From this, I have to recover unique users like this and give them a unique id to identify.

User1 -> (val1 : e1, e2, e3 | val2: m1, m2)

e1 <-> m1, e1 <-> m2, m1 <-> e3, e2 <-> m2 ( <-> means linked).

e1 is connected to m1.

e1 is connected to m2.

m2 is connected to e2.

So e1,m1 are connected to e2.

Similarly, we find e1, e2, e3, m1, m2 all are linked. We need to identify these chains.


User2 -> (val1 : e4, e5 | val2: m3, m4, m5)

I have written two queries based on grouping my val1 and then by val2 separately and joining them in code (Java).

I want this to do this directly in MySQL/BigQuery query itself as we are building some reports on this.

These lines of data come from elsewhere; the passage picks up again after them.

-- ===== src/PppoeProfiles.antt =====
-- internal/radius/pppoe_profile_service.go, and the handlers of internal/radius/pppoe_handlers.go
-- between the decoded request and the service. What the repository answers is an argument.
use radius_go.Base.{ℕ, true, Option, none, some, ◌++◌, if◌then◌else◌, or_else}
use radius_go.Base.Int.{pos}
use radius_go.Base.Text.{Str, codes, is_empty}
use radius_go.Domain.Pppoe.{PppoeProfile, CreatePppoeProfileRequest, UpdatePppoeProfileRequest}
use radius_go.Validate.{
  max_name_len, max_description_len, non_empty, limit_string, validate_pppoe_profile,
  validate_update_pppoe_profile,
}

-- What the query of one row gives: the row, `pgx.ErrNoRows`, or another error.
pub data Row {ℓ} (A : Type ℓ) : Type ℓ where
  row : A → Row A
  no_rows : Row A
  failed : Str → Row A

pub data Result {ℓ} (A : Type ℓ) : Type ℓ where
  ok : A → Result A
  err : Str → Result A

abbrev pub new_profile : Str → CreatePppoeProfileRequest → PppoeProfile
new_profile id req = record {
  id = id;
  name = req.name;
  description = req.description;
  framed_ip_pool = req.framed_ip_pool;
  framed_ip_netmask = req.framed_ip_netmask;
  primary_dns = req.primary_dns;
  secondary_dns = req.secondary_dns;
  ppp_compression = req.ppp_compression;
  mtu = req.mtu;
  mru = req.mru;
  keepalive_interval = req.keepalive_interval;
  rate_limit = req.rate_limit;
  bandwidth_max_up = req.bandwidth_max_up;
  bandwidth_max_down = req.bandwidth_max_down;
  session_timeout = req.session_timeout;
  idle_timeout = req.idle_timeout;
  max_total_octets = req.max_total_octets;
  enabled = true;
  created_at = pos 0;
  updated_at = pos 0;
}

-- What is written, under the error that the repository gives for it.
abbrev pub stored : Str → (PppoeProfile → Option Str) → PppoeProfile → Result PppoeProfile
stored message exec profile = elim (exec profile) [ none ↦ ok profile | some e ↦ err message ]

unfoldable pub create_profile :
    Str → (PppoeProfile → Option Str) → CreatePppoeProfileRequest → Result PppoeProfile
create_profile id exec req = stored (codes "create pppoe profile") exec (new_profile id req)

-- The fields of the request that are given replace those of the profile.
abbrev pub updated_profile : UpdatePppoeProfileRequest → PppoeProfile → PppoeProfile
updated_profile req p = record p {
  name = or_else req.name p.name;
  description = or_else req.description p.description;
  framed_ip_pool = or_else req.framed_ip_pool p.framed_ip_pool;
  framed_ip_netmask = or_else req.framed_ip_netmask p.framed_ip_netmask;
  primary_dns = or_else req.primary_dns p.primary_dns;
  secondary_dns = or_else req.secondary_dns p.secondary_dns;
  ppp_compression = or_else req.ppp_compression p.ppp_compression;
  mtu = or_else req.mtu p.mtu;
  mru = or_else req.mru p.mru;
  keepalive_interval = or_else req.keepalive_interval p.keepalive_interval;
  rate_limit = or_else req.rate_limit p.rate_limit;
  bandwidth_max_up = or_else req.bandwidth_max_up p.bandwidth_max_up;
  bandwidth_max_down = or_else req.bandwidth_max_down p.bandwidth_max_down;
  session_timeout = or_else req.session_timeout p.session_timeout;
  idle_timeout = or_else req.idle_timeout p.idle_timeout;
  max_total_octets = or_else req.max_total_octets p.max_total_octets;
  enabled = or_else req.enabled p.enabled;
}

unfoldable pub update_profile :
    Row PppoeProfile → (PppoeProfile → Option Str) → UpdatePppoeProfileRequest → Result PppoeProfile
update_profile no_rows exec req = err (codes "pppoe profile not found")
update_profile (failed e) exec req = err e
update_profile (row p) exec req = stored (codes "update pppoe profile") exec (updated_profile req p)

unfoldable pub validate_assignment : Str → Row PppoeProfile → Option Str
validate_assignment profile_id found = if is_empty profile_id then none else elim found [
  | no_rows ↦ some (codes "pppoe_profile_id not found")
  | failed e ↦ some (codes "lookup pppoe profile: " ++ e)
  | row p ↦ if p.enabled then none else some (codes "pppoe profile is disabled")
]

-- HandleCreatePPPoEProfile: the checks, the cuts, and the service.
unfoldable pub handle_create_pppoe_profile :
    Str → (PppoeProfile → Option Str) → CreatePppoeProfileRequest → Result PppoeProfile
handle_create_pppoe_profile id exec req =
    if non_empty req.name
    then elim (validate_pppoe_profile req) [
      | some message ↦ err message
      | none ↦ create_profile id exec (record req {
        name = limit_string req.name max_name_len;
        description = limit_string req.description max_description_len;
      })
    ]
    else err (codes "name is required")

abbrev pub limited : ℕ → Option Str → Option Str
limited max none = none
limited max (some s) = some (limit_string s max)

abbrev pub cut_request : UpdatePppoeProfileRequest → UpdatePppoeProfileRequest
cut_request req = record req {
  name = limited max_name_len req.name;
  description = limited max_description_len req.description;
}

-- HandleUpdatePPPoEProfile, whose identifier is a UUID: the cuts, the checks, and the service.
unfoldable pub handle_update_pppoe_profile :
    Row PppoeProfile → (PppoeProfile → Option Str) → UpdatePppoeProfileRequest → Result PppoeProfile
handle_update_pppoe_profile found exec req =
    elim (validate_update_pppoe_profile (cut_request req)) [
      | some message ↦ err message
      | none ↦ update_profile found exec (cut_request req)
    ]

Is this possible in a single query? Please help.

Thank you.

Update :

Desired output -

[
 { 
   id : user1,
   val1 : [e1, e2, e3],
   val2 : [m1, m2]
 },
 { 
   id : user2,
   val1 : [e4, e5],
   val2 : [m3, m4, m5]
 }
]

or

id | val1  | val2 | UUID
------------------------
1  |   e1  |   m1 | u1
2  |   e1  |   m2 | u1
3  |   e2  |   m2 | u1
4  |   e3  |   m1 | u1
5  |   e4  |   m3 | u2
6  |   e5  |   m3 | u2
7  |   e5  |   m4 | u2
8  |   e4  |   m5 | u2

To make it simple, assuming values of val1 and val2 are nodes and are connected if present in the same row.

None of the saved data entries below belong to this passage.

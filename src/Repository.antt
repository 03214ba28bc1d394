-- ===== src/Repository.antt =====
-- internal/radius/repository.go: the database, and what a statement of the program does to it. The
-- tables and their constraints are those of migrations/*.sql.
pub mod Table
pub mod Users
pub mod Profiles
pub mod Nases
pub mod Sessions
pub mod Packages
pub mod Consistent
use radius_go.Base.{
  ℕ, ◌^◌, Bool, true, false, ◌&&◌, Option, none, some, List, if◌then◌else◌, or_else, ltb, leb,
}
use radius_go.Base.Int.{ℤ, pos_part, neg_part}
use radius_go.Base.Text.{Str, str_eq}
use radius_go.Domain.User.{RadiusUser, Nas}
use radius_go.Domain.Session.{RadiusSession}
use radius_go.Domain.Pppoe.{PppoeProfile}
use radius_go.Domain.Voucher.{VoucherPackage}

-- What the server decides: which texts a TEXT column holds, how it reads a UUID (in its canonical
-- form), its collation, and what TIMESTAMPTZ and NUMERIC(12,2) keep of a value.
pub record Postgres : Type 0 where
  pub holds_text : Str → Bool
  pub uuid : Str → Option Str
  pub collate : Str → Str → Bool
  pub microseconds : ℤ → ℤ
  pub numeric : ℕ → Option ℕ

pub record Database : Type 0 where
  pub users : List RadiusUser
  pub profiles : List PppoeProfile
  pub nases : List Nas
  pub sessions : List RadiusSession
  pub packages : List VoucherPackage

-- A statement: the database after it, `none` for an error of the server.
abbrev pub Statement : Type 0
Statement = Database → Option Database

-- What becomes of a statement: it is answered, it does not reach the server, or its answer does not
-- come back (the context ends).
pub data Delivery : Type 0 where
  answered not_sent unanswered : Delivery

-- `_, err := r.db.Exec(…)`, and whether `err == nil`.
unfoldable pub exec : Delivery → Statement → Database → Database × Bool
exec answered f db = elim (f db) [ none ↦ (db, false) | some db' ↦ (db', true) ]
exec not_sent f db = (db, false)
exec unanswered f db = (or_else (f db) db, false)

-- `rows, err := r.db.Query(…)`
unfoldable pub query {ℓ} : {A : Type ℓ} → Delivery → (Database → Option A) → Database → Option A
query answered f db = f db
query not_sent f db = none
query unanswered f db = none

-- INTEGER is 32 bits wide, BIGINT 64.
unfoldable pub is_int4 : ℤ → Bool
is_int4 z = ltb (pos_part z) (2 ^ 31) && leb (neg_part z) (2 ^ 31)

unfoldable pub is_int8 : ℤ → Bool
is_int8 z = ltb (pos_part z) (2 ^ 63) && leb (neg_part z) (2 ^ 63)

-- A pointer to a UUID: NULL, or a value that the server can read.
abbrev pub stored_uuid : Postgres → Option Str → Option (Option Str)
stored_uuid pg none = some none
stored_uuid pg (some id) = elim (pg.uuid id) [ none ↦ none | some key ↦ some (some key) ]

The rows of the table form graphs (user1, user2) and we need to identify these graphs.

解决方案

Wanted to jump-in with option of solving your task with pure BigQuery (Standard SQL)

Pre-requisites / assumptions: source data is in sandbox.temp.id1_id2_pairs
You should replace this with your own or if you want to test with dummy data from your question - you can create this table as below (of course replace sandbox.temp with your own project.dataset)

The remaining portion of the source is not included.